→ Description of the task:
Below are some records; quote exactly the lines from the one that contains "of_kind-Among kind n [] k m = absurd m" through the one that contains "of_kind-Among kind n (x ∷ nodes) k (inr", inclusive, and no others.

→ Stored entries:
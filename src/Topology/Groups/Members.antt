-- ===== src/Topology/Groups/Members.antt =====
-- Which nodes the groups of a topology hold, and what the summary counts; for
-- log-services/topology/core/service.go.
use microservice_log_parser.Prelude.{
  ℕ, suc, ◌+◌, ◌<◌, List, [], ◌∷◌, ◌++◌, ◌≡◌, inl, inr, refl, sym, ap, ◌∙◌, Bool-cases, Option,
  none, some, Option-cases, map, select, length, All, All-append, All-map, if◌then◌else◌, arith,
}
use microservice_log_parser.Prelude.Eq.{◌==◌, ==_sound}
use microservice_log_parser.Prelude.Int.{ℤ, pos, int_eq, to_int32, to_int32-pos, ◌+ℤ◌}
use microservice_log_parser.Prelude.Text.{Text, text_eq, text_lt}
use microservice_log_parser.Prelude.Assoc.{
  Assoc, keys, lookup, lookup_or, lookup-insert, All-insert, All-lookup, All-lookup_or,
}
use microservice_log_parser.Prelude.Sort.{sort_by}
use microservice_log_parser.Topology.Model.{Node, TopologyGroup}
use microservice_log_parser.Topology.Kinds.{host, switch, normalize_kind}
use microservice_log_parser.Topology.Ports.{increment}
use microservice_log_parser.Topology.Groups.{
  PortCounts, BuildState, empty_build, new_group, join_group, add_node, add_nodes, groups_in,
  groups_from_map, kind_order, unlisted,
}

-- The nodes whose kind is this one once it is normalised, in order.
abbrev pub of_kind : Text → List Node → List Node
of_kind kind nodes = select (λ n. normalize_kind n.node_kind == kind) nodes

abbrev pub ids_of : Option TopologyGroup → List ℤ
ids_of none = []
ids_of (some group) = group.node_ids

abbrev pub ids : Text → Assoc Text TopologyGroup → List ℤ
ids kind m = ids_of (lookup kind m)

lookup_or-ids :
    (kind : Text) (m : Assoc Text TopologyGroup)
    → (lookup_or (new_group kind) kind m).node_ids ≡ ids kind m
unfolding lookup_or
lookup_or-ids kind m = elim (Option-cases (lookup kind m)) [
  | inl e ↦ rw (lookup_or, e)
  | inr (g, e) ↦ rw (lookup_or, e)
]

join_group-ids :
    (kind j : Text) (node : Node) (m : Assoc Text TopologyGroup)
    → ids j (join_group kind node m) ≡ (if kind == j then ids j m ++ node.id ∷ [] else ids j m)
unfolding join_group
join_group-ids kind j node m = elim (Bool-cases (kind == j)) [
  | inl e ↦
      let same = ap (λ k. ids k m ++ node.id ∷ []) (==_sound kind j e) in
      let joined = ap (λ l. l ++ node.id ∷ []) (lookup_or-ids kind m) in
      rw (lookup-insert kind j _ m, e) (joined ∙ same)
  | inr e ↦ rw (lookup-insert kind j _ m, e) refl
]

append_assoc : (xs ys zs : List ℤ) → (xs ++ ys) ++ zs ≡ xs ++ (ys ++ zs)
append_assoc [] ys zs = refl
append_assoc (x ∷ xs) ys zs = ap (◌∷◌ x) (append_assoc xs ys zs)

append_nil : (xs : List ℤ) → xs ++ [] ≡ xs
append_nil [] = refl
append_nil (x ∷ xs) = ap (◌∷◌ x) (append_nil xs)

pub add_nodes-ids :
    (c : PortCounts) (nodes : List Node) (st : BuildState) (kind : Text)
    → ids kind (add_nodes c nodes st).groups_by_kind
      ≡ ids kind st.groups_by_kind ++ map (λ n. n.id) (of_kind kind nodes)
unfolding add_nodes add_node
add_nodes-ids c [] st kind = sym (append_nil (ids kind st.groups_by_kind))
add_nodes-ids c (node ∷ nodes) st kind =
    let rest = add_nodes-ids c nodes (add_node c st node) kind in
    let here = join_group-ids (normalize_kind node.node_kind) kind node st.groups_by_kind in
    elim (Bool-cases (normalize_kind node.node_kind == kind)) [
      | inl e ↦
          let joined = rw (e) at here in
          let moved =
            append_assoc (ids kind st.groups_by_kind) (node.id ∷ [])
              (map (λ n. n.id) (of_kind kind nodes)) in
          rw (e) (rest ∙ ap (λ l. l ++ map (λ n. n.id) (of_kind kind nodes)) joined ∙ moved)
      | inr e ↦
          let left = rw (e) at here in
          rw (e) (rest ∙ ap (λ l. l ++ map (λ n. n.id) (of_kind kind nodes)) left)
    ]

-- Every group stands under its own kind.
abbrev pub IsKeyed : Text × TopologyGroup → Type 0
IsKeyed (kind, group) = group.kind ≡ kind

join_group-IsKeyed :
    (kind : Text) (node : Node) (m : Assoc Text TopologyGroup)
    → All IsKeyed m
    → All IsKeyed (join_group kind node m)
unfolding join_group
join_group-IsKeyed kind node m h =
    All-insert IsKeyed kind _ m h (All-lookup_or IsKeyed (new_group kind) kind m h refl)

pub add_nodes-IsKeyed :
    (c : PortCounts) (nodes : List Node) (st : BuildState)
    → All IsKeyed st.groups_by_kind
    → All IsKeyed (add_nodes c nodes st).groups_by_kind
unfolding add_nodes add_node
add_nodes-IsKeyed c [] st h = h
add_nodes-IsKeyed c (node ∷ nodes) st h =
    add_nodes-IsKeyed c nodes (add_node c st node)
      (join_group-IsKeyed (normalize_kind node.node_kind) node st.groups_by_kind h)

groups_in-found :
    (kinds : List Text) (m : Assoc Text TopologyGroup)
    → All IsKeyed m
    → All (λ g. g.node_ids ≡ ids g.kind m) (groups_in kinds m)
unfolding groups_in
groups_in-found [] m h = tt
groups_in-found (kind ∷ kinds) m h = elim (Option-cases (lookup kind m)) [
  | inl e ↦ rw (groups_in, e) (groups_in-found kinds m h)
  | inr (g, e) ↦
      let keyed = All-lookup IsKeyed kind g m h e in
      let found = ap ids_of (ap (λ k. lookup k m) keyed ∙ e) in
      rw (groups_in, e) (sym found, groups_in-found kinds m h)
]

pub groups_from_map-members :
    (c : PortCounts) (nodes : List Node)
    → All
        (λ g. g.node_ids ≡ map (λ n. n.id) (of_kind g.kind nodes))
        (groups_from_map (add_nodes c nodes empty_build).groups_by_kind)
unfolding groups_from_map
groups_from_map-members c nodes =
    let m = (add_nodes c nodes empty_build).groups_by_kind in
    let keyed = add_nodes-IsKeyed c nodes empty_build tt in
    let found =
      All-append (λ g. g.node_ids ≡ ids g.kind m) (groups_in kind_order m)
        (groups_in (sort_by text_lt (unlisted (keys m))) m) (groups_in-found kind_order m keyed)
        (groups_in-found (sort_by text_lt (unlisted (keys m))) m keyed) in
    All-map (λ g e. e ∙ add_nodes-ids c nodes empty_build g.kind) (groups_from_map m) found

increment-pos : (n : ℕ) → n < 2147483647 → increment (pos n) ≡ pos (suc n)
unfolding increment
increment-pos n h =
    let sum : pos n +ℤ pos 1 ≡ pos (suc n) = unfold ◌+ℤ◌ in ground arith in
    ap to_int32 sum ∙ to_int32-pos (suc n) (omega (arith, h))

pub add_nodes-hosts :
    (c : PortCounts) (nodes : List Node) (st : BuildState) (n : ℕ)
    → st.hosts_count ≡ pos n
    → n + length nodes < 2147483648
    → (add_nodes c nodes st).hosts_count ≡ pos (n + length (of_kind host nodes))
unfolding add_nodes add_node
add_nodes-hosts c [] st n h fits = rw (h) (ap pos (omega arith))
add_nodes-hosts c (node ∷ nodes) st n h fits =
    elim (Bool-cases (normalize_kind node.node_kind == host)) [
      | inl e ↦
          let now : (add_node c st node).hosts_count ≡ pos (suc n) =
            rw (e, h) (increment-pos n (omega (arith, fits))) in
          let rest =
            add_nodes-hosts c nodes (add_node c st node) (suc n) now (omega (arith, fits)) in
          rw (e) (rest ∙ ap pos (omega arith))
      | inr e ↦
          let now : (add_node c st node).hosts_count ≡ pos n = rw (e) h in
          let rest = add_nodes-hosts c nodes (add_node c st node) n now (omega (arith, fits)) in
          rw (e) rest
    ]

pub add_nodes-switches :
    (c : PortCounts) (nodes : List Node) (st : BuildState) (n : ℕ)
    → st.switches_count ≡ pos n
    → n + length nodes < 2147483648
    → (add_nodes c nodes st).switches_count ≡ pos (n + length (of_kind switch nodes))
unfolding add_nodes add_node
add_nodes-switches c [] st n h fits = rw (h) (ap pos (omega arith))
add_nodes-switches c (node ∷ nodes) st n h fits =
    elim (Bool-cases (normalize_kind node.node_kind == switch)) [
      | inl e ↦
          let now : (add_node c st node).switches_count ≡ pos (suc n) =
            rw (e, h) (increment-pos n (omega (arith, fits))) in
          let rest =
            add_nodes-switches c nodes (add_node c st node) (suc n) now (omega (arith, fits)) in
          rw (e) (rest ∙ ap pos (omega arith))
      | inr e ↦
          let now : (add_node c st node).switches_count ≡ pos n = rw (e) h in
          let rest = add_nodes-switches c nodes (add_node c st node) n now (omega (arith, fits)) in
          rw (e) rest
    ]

---

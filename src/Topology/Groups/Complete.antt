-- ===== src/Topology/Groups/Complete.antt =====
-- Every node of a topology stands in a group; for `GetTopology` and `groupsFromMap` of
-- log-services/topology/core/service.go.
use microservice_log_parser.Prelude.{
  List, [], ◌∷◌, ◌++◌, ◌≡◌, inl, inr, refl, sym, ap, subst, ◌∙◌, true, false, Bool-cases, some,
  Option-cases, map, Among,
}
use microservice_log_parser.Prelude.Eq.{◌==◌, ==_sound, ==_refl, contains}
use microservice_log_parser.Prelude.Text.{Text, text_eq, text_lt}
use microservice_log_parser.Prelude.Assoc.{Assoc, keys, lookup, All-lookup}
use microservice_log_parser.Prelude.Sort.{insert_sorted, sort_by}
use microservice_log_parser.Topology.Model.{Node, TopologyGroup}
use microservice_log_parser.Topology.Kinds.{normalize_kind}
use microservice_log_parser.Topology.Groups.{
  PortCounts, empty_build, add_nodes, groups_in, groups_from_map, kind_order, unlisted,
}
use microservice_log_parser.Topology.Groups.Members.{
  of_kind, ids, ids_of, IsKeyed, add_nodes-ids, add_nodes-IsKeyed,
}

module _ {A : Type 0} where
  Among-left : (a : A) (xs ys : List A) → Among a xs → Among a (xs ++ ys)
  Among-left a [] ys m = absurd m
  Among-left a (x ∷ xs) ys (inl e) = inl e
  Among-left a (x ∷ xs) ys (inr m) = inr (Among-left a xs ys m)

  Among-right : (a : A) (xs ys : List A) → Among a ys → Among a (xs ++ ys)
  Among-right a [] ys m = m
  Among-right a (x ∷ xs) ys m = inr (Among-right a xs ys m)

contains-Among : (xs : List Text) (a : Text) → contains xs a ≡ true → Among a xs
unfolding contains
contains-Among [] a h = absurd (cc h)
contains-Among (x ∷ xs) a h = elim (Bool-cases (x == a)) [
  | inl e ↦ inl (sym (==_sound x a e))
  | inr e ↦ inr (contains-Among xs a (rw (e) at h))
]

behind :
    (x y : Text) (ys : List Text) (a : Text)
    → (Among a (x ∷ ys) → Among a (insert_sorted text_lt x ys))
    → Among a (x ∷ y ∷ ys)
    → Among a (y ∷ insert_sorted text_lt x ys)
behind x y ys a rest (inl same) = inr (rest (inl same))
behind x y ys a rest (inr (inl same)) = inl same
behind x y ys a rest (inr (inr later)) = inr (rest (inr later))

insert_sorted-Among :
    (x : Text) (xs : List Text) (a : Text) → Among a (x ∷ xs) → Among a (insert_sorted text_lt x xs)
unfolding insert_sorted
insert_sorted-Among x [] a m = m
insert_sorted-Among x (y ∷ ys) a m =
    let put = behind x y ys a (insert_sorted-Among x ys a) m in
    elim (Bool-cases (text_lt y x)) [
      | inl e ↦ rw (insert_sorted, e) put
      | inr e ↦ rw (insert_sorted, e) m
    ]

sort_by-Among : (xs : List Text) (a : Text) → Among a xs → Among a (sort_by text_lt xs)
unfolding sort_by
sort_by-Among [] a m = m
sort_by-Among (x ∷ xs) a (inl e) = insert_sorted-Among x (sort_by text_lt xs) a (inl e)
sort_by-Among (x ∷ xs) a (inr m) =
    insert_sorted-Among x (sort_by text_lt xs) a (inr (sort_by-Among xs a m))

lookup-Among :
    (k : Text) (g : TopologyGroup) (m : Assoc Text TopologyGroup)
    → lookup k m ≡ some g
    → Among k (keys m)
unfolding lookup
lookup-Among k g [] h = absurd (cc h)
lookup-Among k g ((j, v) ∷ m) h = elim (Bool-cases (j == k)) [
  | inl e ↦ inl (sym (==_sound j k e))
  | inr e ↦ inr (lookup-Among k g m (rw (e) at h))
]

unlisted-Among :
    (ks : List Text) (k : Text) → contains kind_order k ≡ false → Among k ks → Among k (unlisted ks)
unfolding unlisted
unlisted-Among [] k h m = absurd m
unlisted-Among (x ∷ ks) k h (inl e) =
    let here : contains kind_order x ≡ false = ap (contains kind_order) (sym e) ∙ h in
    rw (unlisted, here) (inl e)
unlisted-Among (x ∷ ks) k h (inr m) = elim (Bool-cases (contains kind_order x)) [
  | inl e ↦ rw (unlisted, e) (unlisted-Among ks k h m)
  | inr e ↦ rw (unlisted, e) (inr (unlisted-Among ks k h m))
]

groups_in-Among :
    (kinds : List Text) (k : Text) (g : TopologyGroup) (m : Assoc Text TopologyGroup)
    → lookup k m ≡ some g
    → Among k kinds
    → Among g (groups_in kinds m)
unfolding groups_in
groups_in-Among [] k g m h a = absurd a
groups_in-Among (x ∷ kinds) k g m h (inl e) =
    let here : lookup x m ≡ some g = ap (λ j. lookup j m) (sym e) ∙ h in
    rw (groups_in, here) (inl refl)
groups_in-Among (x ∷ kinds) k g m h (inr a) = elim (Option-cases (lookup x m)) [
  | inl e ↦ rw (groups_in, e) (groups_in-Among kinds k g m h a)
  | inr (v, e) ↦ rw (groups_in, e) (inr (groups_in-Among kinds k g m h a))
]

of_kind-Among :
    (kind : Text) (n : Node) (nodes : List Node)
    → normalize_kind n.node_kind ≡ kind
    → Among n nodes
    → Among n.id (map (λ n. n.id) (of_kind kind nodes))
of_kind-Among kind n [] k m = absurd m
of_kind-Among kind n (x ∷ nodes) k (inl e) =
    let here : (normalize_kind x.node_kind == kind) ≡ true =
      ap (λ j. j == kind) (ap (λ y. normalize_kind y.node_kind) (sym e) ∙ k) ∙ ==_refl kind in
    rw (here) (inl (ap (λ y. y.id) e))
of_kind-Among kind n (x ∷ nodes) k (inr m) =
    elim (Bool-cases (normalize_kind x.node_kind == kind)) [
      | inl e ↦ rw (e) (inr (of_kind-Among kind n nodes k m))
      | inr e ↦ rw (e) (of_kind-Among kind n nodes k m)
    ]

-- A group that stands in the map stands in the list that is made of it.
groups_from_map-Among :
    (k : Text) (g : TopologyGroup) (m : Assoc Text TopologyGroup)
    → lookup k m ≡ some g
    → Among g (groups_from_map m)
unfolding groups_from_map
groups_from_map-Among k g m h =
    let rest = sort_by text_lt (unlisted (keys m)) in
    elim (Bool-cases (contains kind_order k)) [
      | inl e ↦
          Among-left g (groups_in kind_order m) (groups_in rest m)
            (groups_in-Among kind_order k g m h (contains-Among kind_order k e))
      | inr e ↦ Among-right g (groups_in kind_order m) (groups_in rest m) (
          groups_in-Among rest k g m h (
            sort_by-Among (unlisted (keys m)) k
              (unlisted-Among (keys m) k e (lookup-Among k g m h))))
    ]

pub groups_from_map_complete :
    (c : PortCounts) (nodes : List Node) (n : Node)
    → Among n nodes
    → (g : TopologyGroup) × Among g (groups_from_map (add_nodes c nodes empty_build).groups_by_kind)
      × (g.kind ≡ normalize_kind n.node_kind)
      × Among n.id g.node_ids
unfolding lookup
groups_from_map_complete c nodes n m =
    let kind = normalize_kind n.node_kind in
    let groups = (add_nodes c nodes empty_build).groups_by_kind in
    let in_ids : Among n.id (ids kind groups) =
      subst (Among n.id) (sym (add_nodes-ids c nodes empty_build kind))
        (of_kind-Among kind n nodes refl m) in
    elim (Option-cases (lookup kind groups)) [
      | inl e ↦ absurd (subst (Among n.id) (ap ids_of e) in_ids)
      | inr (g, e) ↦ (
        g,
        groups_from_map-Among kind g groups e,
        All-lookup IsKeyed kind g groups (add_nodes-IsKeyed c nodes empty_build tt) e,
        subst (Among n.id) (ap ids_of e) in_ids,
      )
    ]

→ Exercise result:
of_kind-Among kind n [] k m = absurd m
of_kind-Among kind n (x ∷ nodes) k (inl e) =
    let here : (normalize_kind x.node_kind == kind) ≡ true =
      ap (λ j. j == kind) (ap (λ y. normalize_kind y.node_kind) (sym e) ∙ k) ∙ ==_refl kind in
    rw (here) (inl (ap (λ y. y.id) e))
of_kind-Among kind n (x ∷ nodes) k (inr m) =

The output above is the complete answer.